2. Una composición que comprende entre 2 y 12 polipéptidos de unión a nucleótido de dedo de cinc que tiene la secuencia de cualquiera de SEQ ID Nº 1-110, en la que al menos uno de los polipéptidos es un polipéptido se acuerdo con la reivindicación 1.

3. La composición de la reivindicación 2 que contiene entre 2 y 6 polipéptidos de unión de dedo de cinc.

4. La composición de la reivindicación 2 ó 3 en la que los polipéptidos están ligados de manera operativa.

5. La composición de cualquiera de las reivindicaciones 2 a 4 en la que los polipéptidos están ligados mediante un engarce que tiene la secuencia de SEQ ID Nº 111.

6. La composición de cualquiera de las reivindicaciones 2 a 5 en la que cada uno de los polipéptidos se une a una secuencia de nucleótidos diferentes.

7. La composición de cualquiera de las reivindicaciones 2 a 6 que se une a un nucleótido que contiene las secuencias 5'-(GNN)_{n}-3', en la que cada N es A, C, G, o T con la condición que todos los n no pueden ser C y donde n es 2 a 6.

8. El polipéptido de la reivindicación 1 ligado de manera operativa adicionalmente a uno o más factores de regulación de la transcripción.

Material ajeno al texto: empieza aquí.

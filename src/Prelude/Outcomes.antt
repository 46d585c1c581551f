-- ===== src/Prelude/Outcomes.antt =====
-- Results of the fallible code: `failed` is a C function that returns false or NULL, and `fault`
-- is a read through a NULL pointer or past an array, which C leaves undefined.
use mathlib.Core.Bool.{Bool, true, false}
use mathlib.Core.Option.{Option, none, some}
use morphl.Prelude.Tests.{if◌then◌else◌}
use mathlib.Core.Path.{◌≡◌, refl, subst}

pub data Outcome {ℓ} (A : Type ℓ) : Type ℓ where
  ok : A → Outcome A
  failed : Outcome A
  fault : Outcome A

-- What follows a step runs only on its value.
module _ {ℓ κ} {A : Type ℓ} {B : Type κ} where
  infixl 5 ◌>>=◌
  abbrev pub ◌>>=◌ : Outcome A → (A → Outcome B) → Outcome B
  ok value >>= next = next value
  failed >>= next = failed
  fault >>= next = fault

  -- A sequence that ends well has a first step that ends well.
  pub >>=-eq-ok :
      (first : Outcome A) (next : A → Outcome B) {end : B}
      → (first >>= next) ≡ ok end
      → (mid : A) × (first ≡ ok mid) × (next mid ≡ ok end)
  >>=-eq-ok (ok value) next h = (value, refl, h)
  >>=-eq-ok failed next h = cc
  >>=-eq-ok fault next h = cc

module _ {ℓ} {A : Type ℓ} where
  pub ok-injective : {a b : A} → ok a ≡ ok b → a ≡ b
  ok-injective h = cc

  pub some-injective : {a b : A} → some a ≡ some b → a ≡ b
  some-injective h = cc

-- A value that must be there.
abbrev pub required {ℓ} : {A : Type ℓ} → Option A → Outcome A
required none = failed
required (some a) = ok a

-- What follows an attempt that failed, and what follows one that did not.
module _ {ℓ κ} {A : Type ℓ} {B : Type κ} where
  abbrev pub attempt : Outcome A → Outcome B → (A → Outcome B) → Outcome B
  attempt (ok a) instead next = next a
  attempt failed instead next = instead
  attempt fault instead next = fault

-- `P` holds of the value, and `E` of a fault.
pub data Post {ℓ} {A : Type ℓ} (P : A → Type ℓ) (E : Type ℓ) : Outcome A → Type ℓ where
  returns : {a : A} → P a → Post P E (ok a)
  fails : Post P E failed
  faults : E → Post P E fault

module _ {ℓ} {A B : Type ℓ} {P : A → Type ℓ} {Q : B → Type ℓ} {E : Type ℓ} where
  pub Post-bind :
      {r : Outcome A} {f : A → Outcome B}
      → Post P E r
      → ((a : A) → P a → Post Q E (f a))
      → Post Q E (r >>= f)
  Post-bind (returns h) k = k _ h
  Post-bind fails k = fails
  Post-bind (faults e) k = faults e

  pub Post-attempt :
      {r : Outcome A} {instead : Outcome B} {next : A → Outcome B}
      → Post P E r
      → Post Q E instead
      → ((a : A) → P a → Post Q E (next a))
      → Post Q E (attempt r instead next)
  Post-attempt (returns h) i k = k _ h
  Post-attempt fails i k = i
  Post-attempt (faults e) i k = faults e

module _ {ℓ} {A : Type ℓ} {P : A → Type ℓ} {E : Type ℓ} where
  pub Post-required : (o : Option A) → ((a : A) → o ≡ some a → P a) → Post P E (required o)
  Post-required none h = fails
  Post-required (some a) h = returns (h a refl)

  pub Post-if :
      (b : Bool) {x y : Outcome A}
      → (b ≡ true → Post P E x)
      → (b ≡ false → Post P E y)
      → Post P E (if b then x else y)
  Post-if true f g = f refl
  Post-if false f g = g refl

  pub Post-weaken :
      {Q : A → Type ℓ} {r : Outcome A} → ((a : A) → P a → Q a) → Post P E r → Post Q E r
  Post-weaken f (returns h) = returns (f _ h)
  Post-weaken f fails = fails
  Post-weaken f (faults e) = faults e

  pub of_ok : {r : Outcome A} {a : A} → Post P E r → r ≡ ok a → P a
  of_ok (returns h) e = subst P (ok-injective e) h
  of_ok fails e = cc
  of_ok (faults _) e = cc

-- A result that no fault can be.
pub of_fault {ℓ} :
    {A : Type ℓ} {P : A → Type ℓ} {E : Type ℓ} {r : Outcome A} → Post P E r → r ≡ fault → E
of_fault (returns h) e = cc
of_fault fails e = cc
of_fault (faults h) e = h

9. La composición de cualquiera de las reivindicaciones 2 a 7 en la que los polipéptidos están ligados adicionalmente de manera operativa a uno o más factores de regulación de la transcripción.

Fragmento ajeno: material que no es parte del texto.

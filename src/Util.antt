-- ===== src/Util.antt =====
-- src/util/util.c and include/util/util.h: strings, the arena and the intern table.
pub mod Arena
pub mod Intern
use morphl.Prelude.{Bytes, Option, none, some, []}

-- `Str`: `none` is the NULL pointer with length 0.
abbrev pub Str : Type 0
Str = Option Bytes

-- The `len` bytes at `ptr`.
abbrev pub text : Str → Bytes
text none = []
text (some s) = s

10. Un polipéptido aislado y purificado que codifica el polipéptido de la reivindicación 1.

11. Un polipéptido aislado y purificado que codifica los polipéptidos de cualquiera de las reivindicaciones 2 a 7.

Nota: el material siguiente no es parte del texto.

-- ===== src/Ast.antt =====
-- src/ast/ast.c and include/ast/ast.h: the syntax tree. The source position of a node (`filename`,
-- `row`, `col`) is left out: it goes to diagnostics only. `child_count` is the number of children,
-- and the allocated capacity has no observable effect.
use morphl.Prelude.{ℕ, zero, suc, Option, none, some}
use morphl.Util.{Str}

pub data AstKind : Type 0 where
  literal ident call func if_kind block group decl prop set builtin overload file unknown : AstKind

-- `null` is a NULL `AstNode*`.
mutual
  pub data AstNode : Type 0 where
    null : AstNode
    node : AstKind → ℕ → Str → Children → AstNode

  pub data Children : Type 0 where
    nil : Children
    cons : AstNode → Children → Children

-- The values of the C enumeration.
unfoldable pub kind_code : AstKind → ℕ
kind_code literal = 0
kind_code ident = 1
kind_code call = 2
kind_code func = 3
kind_code if_kind = 4
kind_code block = 5
kind_code group = 6
kind_code decl = 7
kind_code prop = 8
kind_code set = 9
kind_code builtin = 10
kind_code overload = 11
kind_code file = 12
kind_code unknown = 13

abbrev pub child_count : Children → ℕ
child_count nil = 0
child_count (cons c cs) = suc (child_count cs)

-- `children[i]`, where `child_count > i`.
abbrev pub child? : Children → ℕ → Option AstNode
child? nil i = none
child? (cons c cs) zero = some c
child? (cons c cs) (suc i) = child? cs i

-- `ast_append_child` on a node that is not NULL; a NULL child is refused.
abbrev pub snoc : Children → AstNode → Children
snoc nil c = cons c nil
snoc (cons d ds) c = cons d (snoc ds c)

12. Un vector de expresión que contiene el polinucleótido de la reivindicación 10.

13. Un vector de expresión que contiene el polinucleótido de la reivindicación 11.

14. Uso de una composición de acuerdo con una cualquiera de las reivindicaciones 2 a 7 en la fabricación de un medicamento para regular la función de una secuencia de nucleótidos que contiene la secuencia 5'-(GNN)_{n}-3', donde n es un número entero entre 1 y 6.

15. El uso de la reivindicación 14 en el que la secuencia 5'-(GNN)_{n}-3' se localiza en la región transcrita de la secuencia de nucleótidos.

16. El uso de la reivindicación 14 en el que la secuencia 5'-(GNN)_{n}-3' se localiza en una región promotora de la secuencia de nucleótidos.

17. El uso de la reivindicación 14 en el que la secuencia 5'-(GNN)_{n}-3' se localiza dentro de una etiqueta de secuencia expresada.

18. El uso de la reivindicación 14 en el que la composición está ligada a uno o más factores de modulación de transcripción.

19. Una composición de acuerdo con cualquiera de las reivindicaciones 2 a 7 para uso en medicina.

20. Uso de la composición de cualquiera de las reivindicaciones 2 a 7 para la fabricación de un medicamento para el tratamiento de cáncer.